━━ SOURCE MATERIAL ━━

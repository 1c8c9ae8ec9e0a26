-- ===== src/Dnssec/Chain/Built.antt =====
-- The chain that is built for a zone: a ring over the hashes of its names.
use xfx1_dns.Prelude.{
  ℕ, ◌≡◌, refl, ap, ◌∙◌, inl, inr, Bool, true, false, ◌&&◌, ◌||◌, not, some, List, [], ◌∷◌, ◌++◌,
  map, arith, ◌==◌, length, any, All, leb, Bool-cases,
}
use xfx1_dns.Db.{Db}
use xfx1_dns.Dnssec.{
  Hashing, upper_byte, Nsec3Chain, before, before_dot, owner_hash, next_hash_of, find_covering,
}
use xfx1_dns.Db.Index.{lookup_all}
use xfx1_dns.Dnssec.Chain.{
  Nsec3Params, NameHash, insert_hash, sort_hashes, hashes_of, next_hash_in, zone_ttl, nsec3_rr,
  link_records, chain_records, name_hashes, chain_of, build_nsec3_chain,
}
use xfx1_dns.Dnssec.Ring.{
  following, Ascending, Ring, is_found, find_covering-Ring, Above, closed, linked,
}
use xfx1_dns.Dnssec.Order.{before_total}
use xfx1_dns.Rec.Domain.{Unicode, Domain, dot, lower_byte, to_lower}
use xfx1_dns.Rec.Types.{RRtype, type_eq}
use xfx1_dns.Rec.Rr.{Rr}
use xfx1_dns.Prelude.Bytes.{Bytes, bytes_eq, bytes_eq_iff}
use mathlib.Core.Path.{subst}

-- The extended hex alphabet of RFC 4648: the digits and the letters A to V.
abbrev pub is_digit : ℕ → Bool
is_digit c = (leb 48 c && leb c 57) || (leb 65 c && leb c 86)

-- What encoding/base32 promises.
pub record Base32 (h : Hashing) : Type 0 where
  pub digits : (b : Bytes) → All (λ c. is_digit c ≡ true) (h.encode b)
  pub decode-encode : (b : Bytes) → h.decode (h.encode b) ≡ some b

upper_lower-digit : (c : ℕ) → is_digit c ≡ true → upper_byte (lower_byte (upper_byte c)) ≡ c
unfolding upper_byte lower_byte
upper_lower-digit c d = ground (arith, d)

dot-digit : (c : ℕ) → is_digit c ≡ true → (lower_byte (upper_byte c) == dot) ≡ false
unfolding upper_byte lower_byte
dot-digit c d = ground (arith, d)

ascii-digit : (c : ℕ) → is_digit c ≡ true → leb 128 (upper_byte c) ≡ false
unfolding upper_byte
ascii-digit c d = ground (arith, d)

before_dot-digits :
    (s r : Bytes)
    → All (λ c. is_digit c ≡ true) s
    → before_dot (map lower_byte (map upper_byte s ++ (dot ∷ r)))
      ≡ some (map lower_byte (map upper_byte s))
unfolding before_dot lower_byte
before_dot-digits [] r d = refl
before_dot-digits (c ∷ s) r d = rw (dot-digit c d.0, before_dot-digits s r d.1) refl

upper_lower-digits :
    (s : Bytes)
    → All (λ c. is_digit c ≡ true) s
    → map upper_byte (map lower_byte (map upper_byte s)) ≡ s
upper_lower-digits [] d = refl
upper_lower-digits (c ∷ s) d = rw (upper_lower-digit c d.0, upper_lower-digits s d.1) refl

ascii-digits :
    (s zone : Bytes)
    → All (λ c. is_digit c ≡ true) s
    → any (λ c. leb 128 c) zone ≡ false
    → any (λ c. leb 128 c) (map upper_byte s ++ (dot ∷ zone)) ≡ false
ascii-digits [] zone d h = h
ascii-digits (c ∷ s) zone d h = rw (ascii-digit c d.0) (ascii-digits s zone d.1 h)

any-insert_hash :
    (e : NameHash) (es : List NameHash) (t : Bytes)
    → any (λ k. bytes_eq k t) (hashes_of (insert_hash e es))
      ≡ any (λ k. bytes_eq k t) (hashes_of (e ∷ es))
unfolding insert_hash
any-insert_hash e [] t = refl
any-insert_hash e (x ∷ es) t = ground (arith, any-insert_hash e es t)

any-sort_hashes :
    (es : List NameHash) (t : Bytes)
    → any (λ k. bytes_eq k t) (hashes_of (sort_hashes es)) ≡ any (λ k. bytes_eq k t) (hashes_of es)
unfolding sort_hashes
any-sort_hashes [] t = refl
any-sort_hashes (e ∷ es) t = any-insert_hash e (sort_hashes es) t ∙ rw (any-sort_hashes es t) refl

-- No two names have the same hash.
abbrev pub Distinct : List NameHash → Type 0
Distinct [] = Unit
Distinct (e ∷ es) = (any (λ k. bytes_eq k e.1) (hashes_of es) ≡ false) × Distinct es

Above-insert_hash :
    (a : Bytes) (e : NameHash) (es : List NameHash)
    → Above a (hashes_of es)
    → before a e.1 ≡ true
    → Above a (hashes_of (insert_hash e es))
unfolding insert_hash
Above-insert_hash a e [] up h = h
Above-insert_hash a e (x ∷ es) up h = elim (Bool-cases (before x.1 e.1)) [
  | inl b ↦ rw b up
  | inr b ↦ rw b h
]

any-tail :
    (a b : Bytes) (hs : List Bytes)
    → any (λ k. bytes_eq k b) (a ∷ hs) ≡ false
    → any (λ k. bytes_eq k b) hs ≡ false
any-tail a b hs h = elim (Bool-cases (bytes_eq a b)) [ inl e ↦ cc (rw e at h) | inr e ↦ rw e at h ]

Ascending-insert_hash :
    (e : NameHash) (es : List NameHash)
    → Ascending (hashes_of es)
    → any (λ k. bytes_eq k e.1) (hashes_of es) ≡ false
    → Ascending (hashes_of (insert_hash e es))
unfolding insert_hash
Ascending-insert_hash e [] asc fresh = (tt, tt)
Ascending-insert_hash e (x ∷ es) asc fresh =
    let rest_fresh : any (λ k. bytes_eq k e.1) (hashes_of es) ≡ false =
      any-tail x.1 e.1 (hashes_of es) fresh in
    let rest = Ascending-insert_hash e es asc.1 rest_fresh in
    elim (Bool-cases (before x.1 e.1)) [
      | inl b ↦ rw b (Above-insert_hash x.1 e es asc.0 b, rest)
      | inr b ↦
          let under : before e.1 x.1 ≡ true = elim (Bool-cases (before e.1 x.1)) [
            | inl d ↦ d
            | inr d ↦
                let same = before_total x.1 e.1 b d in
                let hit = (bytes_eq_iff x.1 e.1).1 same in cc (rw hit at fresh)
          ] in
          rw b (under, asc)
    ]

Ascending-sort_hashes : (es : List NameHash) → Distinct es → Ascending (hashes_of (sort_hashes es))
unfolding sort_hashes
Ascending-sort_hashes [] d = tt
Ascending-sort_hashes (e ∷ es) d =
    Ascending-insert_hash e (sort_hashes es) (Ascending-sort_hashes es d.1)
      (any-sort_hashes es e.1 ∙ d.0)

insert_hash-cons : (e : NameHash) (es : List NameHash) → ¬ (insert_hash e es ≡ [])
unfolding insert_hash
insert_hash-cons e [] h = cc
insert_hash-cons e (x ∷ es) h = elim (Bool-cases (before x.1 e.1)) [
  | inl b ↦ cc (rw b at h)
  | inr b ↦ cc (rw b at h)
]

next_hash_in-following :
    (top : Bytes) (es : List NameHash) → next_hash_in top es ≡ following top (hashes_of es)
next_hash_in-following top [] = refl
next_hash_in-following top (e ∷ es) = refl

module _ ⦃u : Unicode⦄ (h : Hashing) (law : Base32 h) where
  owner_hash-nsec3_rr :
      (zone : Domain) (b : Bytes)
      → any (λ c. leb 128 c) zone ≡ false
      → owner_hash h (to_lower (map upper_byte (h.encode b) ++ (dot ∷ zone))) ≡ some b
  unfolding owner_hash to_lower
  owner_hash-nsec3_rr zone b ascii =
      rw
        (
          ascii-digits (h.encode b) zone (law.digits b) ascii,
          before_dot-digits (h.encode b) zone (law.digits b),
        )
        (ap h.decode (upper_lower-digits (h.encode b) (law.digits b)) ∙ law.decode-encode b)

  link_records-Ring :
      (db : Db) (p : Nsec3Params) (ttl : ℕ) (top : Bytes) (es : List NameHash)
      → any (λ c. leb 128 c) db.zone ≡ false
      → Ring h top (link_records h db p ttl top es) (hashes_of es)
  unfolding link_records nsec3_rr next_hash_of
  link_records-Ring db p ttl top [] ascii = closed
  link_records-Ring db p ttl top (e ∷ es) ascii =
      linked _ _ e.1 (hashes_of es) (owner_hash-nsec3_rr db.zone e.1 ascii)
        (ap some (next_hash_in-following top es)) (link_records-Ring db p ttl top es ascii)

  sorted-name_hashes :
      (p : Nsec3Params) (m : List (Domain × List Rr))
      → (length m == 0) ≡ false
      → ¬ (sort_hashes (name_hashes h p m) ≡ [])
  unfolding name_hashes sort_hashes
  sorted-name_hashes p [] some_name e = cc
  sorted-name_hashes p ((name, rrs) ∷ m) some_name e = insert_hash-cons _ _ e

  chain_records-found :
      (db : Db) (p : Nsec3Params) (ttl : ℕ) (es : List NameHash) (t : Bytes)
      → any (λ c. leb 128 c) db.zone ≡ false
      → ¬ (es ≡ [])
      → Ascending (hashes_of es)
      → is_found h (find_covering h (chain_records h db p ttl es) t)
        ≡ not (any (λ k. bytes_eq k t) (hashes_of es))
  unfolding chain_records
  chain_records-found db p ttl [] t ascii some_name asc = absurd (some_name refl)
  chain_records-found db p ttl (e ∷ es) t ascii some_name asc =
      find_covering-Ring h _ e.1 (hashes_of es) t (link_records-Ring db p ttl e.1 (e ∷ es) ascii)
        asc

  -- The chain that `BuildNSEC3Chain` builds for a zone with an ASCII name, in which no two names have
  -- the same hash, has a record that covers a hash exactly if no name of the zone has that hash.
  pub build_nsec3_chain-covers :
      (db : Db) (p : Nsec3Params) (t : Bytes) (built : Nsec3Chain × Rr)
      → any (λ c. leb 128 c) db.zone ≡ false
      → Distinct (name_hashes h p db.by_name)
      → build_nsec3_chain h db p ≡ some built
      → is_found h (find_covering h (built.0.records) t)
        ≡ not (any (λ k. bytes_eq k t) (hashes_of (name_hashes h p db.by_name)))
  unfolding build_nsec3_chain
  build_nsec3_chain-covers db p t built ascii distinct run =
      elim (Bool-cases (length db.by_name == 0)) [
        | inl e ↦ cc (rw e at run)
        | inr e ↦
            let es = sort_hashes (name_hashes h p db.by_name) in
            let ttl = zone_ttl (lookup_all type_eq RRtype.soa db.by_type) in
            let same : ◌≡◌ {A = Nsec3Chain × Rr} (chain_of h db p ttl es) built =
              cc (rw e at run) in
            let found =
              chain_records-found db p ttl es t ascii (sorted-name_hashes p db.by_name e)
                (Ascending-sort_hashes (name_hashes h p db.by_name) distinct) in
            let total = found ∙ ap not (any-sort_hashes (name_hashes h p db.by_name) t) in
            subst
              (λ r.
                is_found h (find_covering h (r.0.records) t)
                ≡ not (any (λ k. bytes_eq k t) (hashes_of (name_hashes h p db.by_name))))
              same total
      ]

━━━

ASSIGNED TASK =
Will you return exactly the lines above from the one with "t) (hashes_of (sort_hashes" down to the one with "Distinct [] = Unit", counting both as part of the range?

ANSWER TO THIS EXERCISE =
    → any (λ k. bytes_eq k t) (hashes_of (sort_hashes es)) ≡ any (λ k. bytes_eq k t) (hashes_of es)
unfolding sort_hashes
any-sort_hashes [] t = refl
any-sort_hashes (e ∷ es) t = any-insert_hash e (sort_hashes es) t ∙ rw (any-sort_hashes es t) refl

-- No two names have the same hash.
abbrev pub Distinct : List NameHash → Type 0
Distinct [] = Unit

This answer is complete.